Dataiku’s blog also recently posted an article by Lynn Heidmann, which focused on one of the oldest use cases for statistics, namely forecasting and planning. While businesses have been using computer-based modeling techniques since the 1950s, these methods don’t produce results as precise as needed by modern companies. The age of AI and algorithms allow for a wider variety of data sources.
Traditional forecasting and planning methods are also prone to unintended bias according to Heidmann. This is because of the proliferation of manual processes. Removing manual processes and decisions can allow for truly data-driven decision making.
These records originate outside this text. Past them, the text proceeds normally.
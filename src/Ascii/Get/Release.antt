-- ===== src/Ascii/Get/Release.antt =====
-- The references of a get: each is given back when the answer has gone out.
use log_memcached.Base.{
  ℕ, ◌+◌, ◌^◌, ◌<◌, ◌≤◌, ◌≡◌, refl, sym, ap, ◌∙◌, ◌⊎◌, Bool, true, false, not, ◌==◌, Option, none,
  some, List, [], ◌∷◌, ◌++◌, length, ltb, arith, if◌then◌else◌,
}
use mathlib.Core.Path.{fun_ext}
use log_memcached.Base.Words.{sub32}
use log_memcached.Libc.{Libc}
use log_memcached.Items.{Cache, Metadata, item_of, item_is_flushed, do_item_remove}
use log_memcached.Items.Map.{lookup}
use log_memcached.Items.Get.{
  do_item_get, held_by, is_expired, do_item_get-Held, do_item_get-miss, lookup-SameKeys,
}
use log_memcached.Items.Renew.{do_item_update, item_update_interval}
use log_memcached.Items.Total.{>>=-eq, if-true}
use log_memcached.Delta.{Numbers}
use log_memcached.Ascii.Listing.{release_list}
use log_memcached.Ascii.Get.{listed_item}
use log_memcached.Ascii.Get.Keys.{value_lines}
use log_memcached.Ascii.Get.Replies.{reply_item}
use log_memcached.Ascii.Get.Stuck.{get_remove}

-- how often a number stands in a list
abbrev pub count : ℕ → List ℕ → ℕ
count p [] = 0
count p (x ∷ xs) = (if p == x then 1 else 0) + count p xs

count-le-length : (p : ℕ) (xs : List ℕ) → count p xs ≤ length xs
count-le-length p [] = omega arith
count-le-length p (x ∷ xs) = ground (arith, count-le-length p xs)

-- the cache with one more reference for each place in a list
abbrev pub with_refs : Cache → List ℕ → Cache
with_refs s l = record s {
  metas = λ p. record (s.metas p) { refcount = (s.metas p).refcount + count p l };
}

pub with_refs-nil : (s : Cache) → with_refs s [] ≡ s
with_refs-nil s =
    ap (λ (m : ℕ → Metadata). record s { metas = m })
      (fun_ext λ p. ap (λ r. record (s.metas p) { refcount = r }) (omega arith))

-- The item may be read, now and with `total` references more, as it is.
pub record IsRead (s : Cache) (total it : ℕ) : Type 0 where
  pub unflushed : item_is_flushed s it ≡ false
  pub unexpired : is_expired s it ≡ false
  pub recent : ltb (s.metas it).time (sub32 s.settings.current_time item_update_interval) ≡ false
  pub used : 0 < (s.metas it).refcount
  pub small : (s.metas it).refcount + total < 2 ^ 16
  pub free : (s.metas it).it_flags.slabbed ≡ false

hold_at :
    (s : Cache) (total it p : ℕ) (l : List ℕ)
    → IsRead s total it
    → length l < total
    → (held_by (with_refs s l) it).metas p ≡ (with_refs s (it ∷ l)).metas p
hold_at s total it p l r fits = ground (arith, r.small, count-le-length p l)

hold-with_refs :
    (s : Cache) (total it : ℕ) (l : List ℕ)
    → IsRead s total it
    → length l < total
    → held_by (with_refs s l) it ≡ with_refs s (it ∷ l)
hold-with_refs s total it l r fits =
    ap (λ (m : ℕ → Metadata). record s { metas = m }) (fun_ext λ p. hold_at s total it p l r fits)

-- One reference goes back.
release-with_refs :
    (s : Cache) (total it : ℕ) (l : List ℕ)
    → IsRead s total it
    → length l < total
    → do_item_remove (with_refs s (it ∷ l)) it ≡ some (with_refs s l)
release-with_refs s total it l r fits =
    ap (λ x. do_item_remove x it) (sym (hold-with_refs s total it l r fits))
    ∙ get_remove (with_refs s l) it (let u = r.used in omega (arith, u))
        (let u = r.small in omega (arith, u, count-le-length it l)) r.free

-- all of a list
abbrev pub AllRead : Cache → ℕ → List ℕ → Type 0
AllRead s total [] = Unit {0}
AllRead s total (it ∷ its) = IsRead s total it × AllRead s total its

pub release_list-with_refs :
    (s : Cache) (total : ℕ) (its : List ℕ)
    → AllRead s total its
    → length its ≤ total
    → release_list (with_refs s its) its ≡ some s
unfolding release_list
release_list-with_refs s total [] r fits = ap some (with_refs-nil s)
release_list-with_refs s total (it ∷ its) r fits =
    >>=-eq _ _ _ (release-with_refs s total it its r.0 (omega (arith, fits)))
      (release_list-with_refs s total its r.1 (omega (arith, fits)))

pub count-append : (p : ℕ) (xs ys : List ℕ) → count p (xs ++ ys) ≡ count p xs + count p ys
count-append p [] ys = omega arith
count-append p (x ∷ xs) ys = omega (arith, count-append p xs ys)

pub with_refs-count :
    (s : Cache) (l l' : List ℕ)
    → ((p : ℕ) → count p l ≡ count p l')
    → with_refs s l ≡ with_refs s l'
with_refs-count s l l' e =
    ap (λ (m : ℕ → Metadata). record s { metas = m })
      (fun_ext λ p. ap (λ c. record (s.metas p) { refcount = (s.metas p).refcount + c }) (e p))

flushed-with_refs :
    (s : Cache) (l : List ℕ) (it : ℕ) → item_is_flushed (with_refs s l) it ≡ item_is_flushed s it
unfolding item_is_flushed
flushed-with_refs s l it = refl

expired-with_refs :
    (s : Cache) (l : List ℕ) (it : ℕ) → is_expired (with_refs s l) it ≡ is_expired s it
unfolding is_expired
expired-with_refs s l it = refl

module _ ⦃libc : Libc⦄ (numbers : Numbers) (pause : Cache → Cache) (hash : List ℕ → ℕ)
    (return_cas : Bool) where
  -- a key that is not there, or whose item may be read
  abbrev pub Readable : Cache → ℕ → List ℕ → Type 0
  Readable s total key =
      (lookup hash s key ≡ none) ⊎ ((it : ℕ) × (lookup hash s key ≡ some it) × IsRead s total it)

  abbrev pub AllReadable : Cache → ℕ → List (List ℕ) → Type 0
  AllReadable s total [] = Unit {0}
  AllReadable s total (key ∷ keys) = Readable s total key × AllReadable s total keys

  -- what a get answers to keys that are looked up in one cache, and their items
  abbrev pub lines_of : Cache → Option ℕ → List ℕ
  lines_of s none = []
  lines_of s (some it) = value_lines numbers return_cas (item_of s it)

  abbrev pub answers : Cache → List (List ℕ) → List ℕ
  answers s [] = []
  answers s (key ∷ keys) = lines_of s (lookup hash s key) ++ answers s keys

  abbrev pub with_item : Option ℕ → List ℕ → List ℕ
  with_item none its = its
  with_item (some it) its = it ∷ its

  abbrev pub items_of : Cache → List (List ℕ) → List ℕ
  items_of s [] = []
  items_of s (key ∷ keys) = with_item (lookup hash s key) (items_of s keys)

  pub reply_item-read :
      (s : Cache) (total it : ℕ) (l : List ℕ)
      → IsRead s total it
      → reply_item numbers pause hash return_cas (some it) (with_refs s l)
        ≡ some (value_lines numbers return_cas (item_of s it), it ∷ [], with_refs s l)
  unfolding do_item_update listed_item
  reply_item-read s total it l r =
      let old : not (ltb (s.metas it).time (sub32 s.settings.current_time item_update_interval))
          ≡ true =
        ap not r.recent in
      >>=-eq _ _ (none, none, with_refs s l) (if-true _ _ _ old refl) refl

  pub get-read :
      (s : Cache) (total it : ℕ) (key l : List ℕ)
      → lookup hash s key ≡ some it
      → IsRead s total it
      → length l < total
      → do_item_get (with_refs s l) key (hash key) ≡ some (some it, with_refs s (it ∷ l))
  get-read s total it key l found r fits =
      let hold = hold-with_refs s total it l r fits in
      (do_item_get-Held hash (with_refs s l) key it
        (lookup-SameKeys hash s (with_refs s l) (refl, λ p. refl) key ∙ found)
        (ap (λ x. item_is_flushed x it) hold ∙ flushed-with_refs s (it ∷ l) it ∙ r.unflushed)
        (ap (λ x. is_expired x it) hold ∙ expired-with_refs s (it ∷ l) it ∙ r.unexpired)).0
      ∙ ap (λ x. some (some it, x)) hold

  pub get-missing :
      (s : Cache) (key l : List ℕ)
      → lookup hash s key ≡ none
      → do_item_get (with_refs s l) key (hash key) ≡ some (none, with_refs s l)
  get-missing s key l missing =
      do_item_get-miss hash (with_refs s l) key
        (lookup-SameKeys hash s (with_refs s l) (refl, λ p. refl) key ∙ missing)
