-- ===== src/Ascii/Get/Reads.antt =====
-- A get of items that may be read reads, and changes nothing in the end.
use log_memcached.Base.{
  ℕ, zero, suc, ◌+◌, ◌-◌, ◌<◌, ◌≤◌, ◌≡◌, refl, sym, ap, ◌∙◌, Bool, none, some, List, [], ◌∷◌, ◌++◌,
  length, take, arith, inl, inr,
}
use mathlib.Core.List.{append-nil}
use log_memcached.Base.Text.{codes}
use log_memcached.Libc.{Libc}
use log_memcached.Items.{Cache, item_of}
use log_memcached.Items.Total.{>>=-eq}
use log_memcached.Delta.{Numbers}
use log_memcached.Drive.Send.{joined}
use log_memcached.Ascii.Tokens.{max_tokens, tokenize_command}
use log_memcached.Ascii.Tokens.Words.{words}
use log_memcached.Ascii.Listing.{Grants, Getting, release_items, release_list}
use log_memcached.Ascii.Get.{returned, process_get_command}
use log_memcached.Ascii.Get.Keys.{IsGranted, value_lines}
use log_memcached.Ascii.Get.Replies.{AllShort, replies}
use log_memcached.Ascii.Get.Answer.{process_get_command-answers}
use log_memcached.Ascii.Get.Release.{
  with_refs, with_refs-nil, with_refs-count, count-append, AllRead, AllReadable, answers, items_of,
  reply_item-read, get-read, get-missing, release_list-with_refs,
}

module _ ⦃libc : Libc⦄ (numbers : Numbers) (pause : Cache → Cache) (hash : List ℕ → ℕ)
    (return_cas : Bool) where
  -- the keys one after the other, with references to the items of `l` already taken
  replies-Readable :
      (s : Cache) (total : ℕ) (l : List ℕ) (keys : List (List ℕ))
      → AllReadable numbers pause hash return_cas s total keys
      → length l + length keys ≤ total
      → replies numbers pause hash return_cas (with_refs s l) keys
        ≡ some (
          answers numbers pause hash return_cas s keys,
          items_of numbers pause hash return_cas s keys,
          with_refs s (items_of numbers pause hash return_cas s keys ++ l),
        )
  replies-Readable s total l [] r fits = refl
  replies-Readable s total l (key ∷ keys) (inl missing, r) fits =
      >>=-eq _ _ (none, with_refs s l) (get-missing numbers pause hash return_cas s key l missing)
        (>>=-eq _ _ _ (replies-Readable s total l keys r (omega (arith, fits))) (rw missing refl))
  replies-Readable s total l (key ∷ keys) (inr (it, found, read), r) fits =
      let items : List ℕ = items_of numbers pause hash return_cas s keys in
      let order =
        with_refs-count s (items ++ it ∷ l) (it ∷ (items ++ l))
          (λ p. omega (arith, count-append p items (it ∷ l), count-append p items l)) in
      >>=-eq _ _ (some it, with_refs s (it ∷ l))
        (get-read numbers pause hash return_cas s total it key l found read (omega (arith, fits)))
        (>>=-eq _ _ _ (reply_item-read numbers pause hash return_cas s total it (it ∷ l) read) (
          >>=-eq _ _ _ (replies-Readable s total (it ∷ l) keys r (omega (arith, fits))) (
            rw found (
              ap
                (λ c. some (
                  value_lines numbers return_cas (item_of s it)
                      ++ answers numbers pause hash return_cas s keys,
                  it ∷ items,
                  c,
                ))
                order))))

  items_of-AllRead :
      (s : Cache) (total : ℕ) (keys : List (List ℕ))
      → AllReadable numbers pause hash return_cas s total keys
      → AllRead s total (items_of numbers pause hash return_cas s keys)
        × (length (items_of numbers pause hash return_cas s keys) ≤ length keys)
  items_of-AllRead s total [] r = (tt, omega arith)
  items_of-AllRead s total (key ∷ keys) (inl missing, r) =
      let (reads, few) = items_of-AllRead s total keys r in rw missing (reads, omega (arith, few))
  items_of-AllRead s total (key ∷ keys) (inr (it, found, read), r) =
      let (reads, few) = items_of-AllRead s total keys r in
      rw found ((read, reads), omega (arith, few))

  take_all : (xs : List ℕ) (n : ℕ) → n ≡ length xs → take n xs ≡ xs
  take_all [] zero e = refl
  take_all [] (suc n) e = refl
  take_all (x ∷ xs) zero e = absurd (omega (arith, e))
  take_all (x ∷ xs) (suc n) e = ap (λ l. x ∷ l) (take_all xs n (omega (arith, e)))

  release_loose :
      (s s' : Cache) (g : Getting)
      → g.client.item ≡ none
      → release_list s (take g.ileft g.ilist) ≡ some s'
      → (g' : Getting) × (release_items s g ≡ some (g', s'))
  unfolding release_items
  release_loose s s' g loose back = (
    record g {
      client = record (g.client) { item = none };
      ilist = [];
      ileft = 0;
      suffixleft = 0;
      suffixes = g.suffixes - g.suffixleft;
    },
    rw (loose, release_items, back) refl,
  )

  module _ (grants : ℕ → Grants) where
    -- Where everything is granted, on a line with the name of the command and keys of at most 250
    -- bytes, however many, each of which is not in the table or has an item that is neither
    -- flushed nor expired nor on the free list, whose time is not below the clock less 60 seconds,
    -- as 32-bit numbers, and whose references are at least one and with the number of keys less
    -- than 2^16, where the connection holds no item of its own and the fuel is above the number of
    -- keys: process_get_command returns; what it has added to send are the line and the value of
    -- the item of each key that has one, in the order of the keys, and END; and conn_release_items
    -- then leaves the cache exactly as it was before the command.
    pub process_get_command-reads :
        (fuel : ℕ) (s : Cache) (g : Getting) (command name : List ℕ) (keys : List (List ℕ))
        → ((i : ℕ) → IsGranted (grants i))
        → words command ≡ name ∷ keys
        → AllShort keys
        → AllReadable numbers pause hash return_cas s (length keys) keys
        → g.client.item ≡ none
        → length keys < fuel
        → (g' : Getting) × (s' : Cache) × (g'' : Getting) × (process_get_command numbers pause hash
              return_cas grants fuel none s g command
              (tokenize_command command max_tokens)
            ≡ some (returned g' s'))
          × (joined g'.sent
              ≡ joined g.sent ++ (answers numbers pause hash return_cas s keys ++ codes "END\r\n"))
          × (release_items s' g' ≡ some (g'', s))
    process_get_command-reads fuel s g command name keys all line short readable loose enough =
        let items : List ℕ = items_of numbers pause hash return_cas s keys in
        let e = replies-Readable s (length keys) [] keys readable (omega arith) in
        let e₁ =
          ap (λ x. replies numbers pause hash return_cas x keys) (sym (with_refs-nil s))
          ∙ e
          ∙ ap (λ l. some (answers numbers pause hash return_cas s keys, items, with_refs s l))
              (append-nil items) in
        let (g', ends, sent, kept, left, item, state) =
          process_get_command-answers numbers pause hash return_cas grants fuel s
            (with_refs s items) g command name (answers numbers pause hash return_cas s keys) keys
            items all line short e₁ enough in
        let (reads, few) = items_of-AllRead s (length keys) keys readable in
        let back = release_list-with_refs s (length keys) items reads few in
        let listed = take_all g'.ilist g'.ileft left ∙ kept in
        let (g'', released) =
          release_loose (with_refs s items) s g' (item ∙ loose)
            (ap (release_list (with_refs s items)) listed ∙ back) in
        (g', with_refs s items, g'', ends, sent, released)
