-- ===== src/Relay.antt =====
-- The relay service, services/relayer/src/services, with the transfer policy and the payload that is
-- signed, services/relayer/src/payload.
pub mod Types
pub mod Json
pub mod JsonReading
pub mod Policy
pub mod Errors
pub mod Service
pub mod Authorised
pub mod Execution
pub mod Submission
pub mod Health
pub mod Payload
pub mod WellFormed
pub mod Signed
In the article, Heidmann included results of an Institute of Business Forecasting (IBF) survey that showed 70% of respondents agreeing that AI will be the dominant technological element in demand planning. According to specialist consulting firm EyeOn, in order for organisations to get to the point where AI helps their demand planning, they should focus on the following three elements.
Emphasise data quality.
Know the importance of bringing business knowledge to data projects.
Focus not just on delivering accurate predictions, but better decisions.
Heidmann included a link to a case study on how EyeOn itself brought efficiency to its own data projects and data team in order to halve the on-boarding time of new employees using project templates and automation. The company used the lessons learned from this effort to help bring similar efficiency gains for their clients.